**Data items:**
□ □ □ □ □

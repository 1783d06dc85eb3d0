-- ===== src/Settings.antt =====
-- ProxySettings.hpp. Texts are lists of bytes; the resolver is a parameter.
pub mod Valid
use mathlib.Core.Bool.{xor}
use transproxify.Base.{
  ℕ, ◌≡◌, String, ◌<>◌, List, [], ◌∷◌, Bool, true, false, not, ◌&&◌, ◌||◌, Option, none, some,
  length, is_empty, ltb, ◌==◌, if◌then◌else◌, Outcome, ok, throw, ◌>>=◌, ◌>>◌, throw_if,
}
use transproxify.Base.Int.{ℤ, to_uint16}
use transproxify.Address.{SockAddr, Hostent, zero_address, af_inet, htons, copy_host}

pub data ProxyProtocol : Type 0 where
  direct http socks4 socks5 : ProxyProtocol

pub data ProxiedProtocol : Type 0 where
  tcp udp : ProxiedProtocol

pub record ProxySettings : Type 0 where
  pub proxy_protocol : ProxyProtocol
  pub proxied_protocol : ProxiedProtocol
  pub username : List ℕ
  pub password : List ℕ
  pub proxy_address : SockAddr

proxy_protocol_name : ProxyProtocol → String
proxy_protocol_name direct = "Direct"
proxy_protocol_name http = "HTTP"
proxy_protocol_name socks4 = "SOCKSv4"
proxy_protocol_name socks5 = "SOCKSv5"

proxied_protocol_name : ProxiedProtocol → String
proxied_protocol_name tcp = "TCP"
proxied_protocol_name udp = "UDP"

same_protocol : ProxiedProtocol → ProxiedProtocol → Bool
same_protocol tcp tcp = true
same_protocol udp udp = true
same_protocol tcp udp = false
same_protocol udp tcp = false

check_support : ProxyProtocol → ProxiedProtocol → List ProxiedProtocol → Outcome (Unit {0})
unfolding proxy_protocol_name proxied_protocol_name same_protocol
check_support proxy proxied [] =
    throw
      (proxy_protocol_name proxy <> " does not support proxying " <> proxied_protocol_name proxied)
check_support proxy proxied (supported ∷ support_list) =
    let rest = check_support proxy proxied support_list in
    if same_protocol proxied supported then ok tt else rest

-- Whether `std::string::find` finds the byte.
abbrev pub contains : ℕ → List ℕ → Bool
contains b [] = false
contains b (x ∷ xs) = x == b || contains b xs

-- The switch at the end of the constructor. Its default case has no value of the type.
check_protocol : ProxyProtocol → ProxiedProtocol → List ℕ → List ℕ → Outcome (Unit {0})
unfolding check_support xor
check_protocol direct proxied username password = check_support direct proxied (tcp ∷ udp ∷ [])
check_protocol http proxied username password = do
  check_support http proxied (tcp ∷ [])
  throw_if (xor (is_empty username) (is_empty password))
      "got only one of username or password for HTTP"
  throw_if (not (is_empty username) && contains b':' username)
      "HTTP username cannot contain ':' character"
check_protocol socks4 proxied username password = do
  check_support socks4 proxied (tcp ∷ [])
  throw_if (not (is_empty username) && not (is_empty password))
      "need only one of username or password for SOCKS4"
check_protocol socks5 proxied username password = do
  check_support socks5 proxied (tcp ∷ udp ∷ [])
  throw_if (xor (is_empty username) (is_empty password))
      "got only one of username or password for SOCKS5"
  throw_if (ltb 255 (length username)) "username too long for SOCKS5"
  throw_if (ltb 255 (length password)) "password too long for SOCKS5"

-- The address of the proxy, from its resolved name and port.
unfoldable pub proxy_address_of : Hostent → ℤ → SockAddr
proxy_address_of server port =
    record (copy_host server (record zero_address { sin_family = af_inet })) {
      sin_port = htons (to_uint16 port);
    }

resolve : Option Hostent → ℤ → Outcome SockAddr
unfolding proxy_address_of
resolve none port = throw "could not resolve proxy hostname"
resolve (some server) port =
    if server.h_addrtype == af_inet
    then ok (proxy_address_of server port)
    else throw "FIXME: Resolved to IPv6 address. Use getaddrinfo() instead."

module _ (gethostbyname : List ℕ → Option Hostent) where
  -- The constructor `ProxySettings::ProxySettings`.
  unfoldable pub new_settings :
      ProxyProtocol → ProxiedProtocol → List ℕ → ℤ → List ℕ → List ℕ → Outcome ProxySettings
  unfolding resolve check_protocol
  new_settings proxy_protocol proxied_protocol proxy_host proxy_port username password = do
    proxy_address ← resolve (gethostbyname proxy_host) proxy_port
    check_protocol proxy_protocol proxied_protocol username password
    ok (record {
      proxy_protocol = proxy_protocol;
      proxied_protocol = proxied_protocol;
      username = username;
      password = password;
      proxy_address = proxy_address;
    })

□ □ □ □ □

**Task directions:**
Begin with the line above that has "contains b (x ∷ xs) = x == b || contains b xs" and continue through the line that has "check_support http proxied (tcp ∷ [])", setting each one down exactly. Stop there.

**Result:**
contains b (x ∷ xs) = x == b || contains b xs

-- The switch at the end of the constructor. Its default case has no value of the type.
check_protocol : ProxyProtocol → ProxiedProtocol → List ℕ → List ℕ → Outcome (Unit {0})
unfolding check_support xor
check_protocol direct proxied username password = check_support direct proxied (tcp ∷ udp ∷ [])
check_protocol http proxied username password = do
  check_support http proxied (tcp ∷ [])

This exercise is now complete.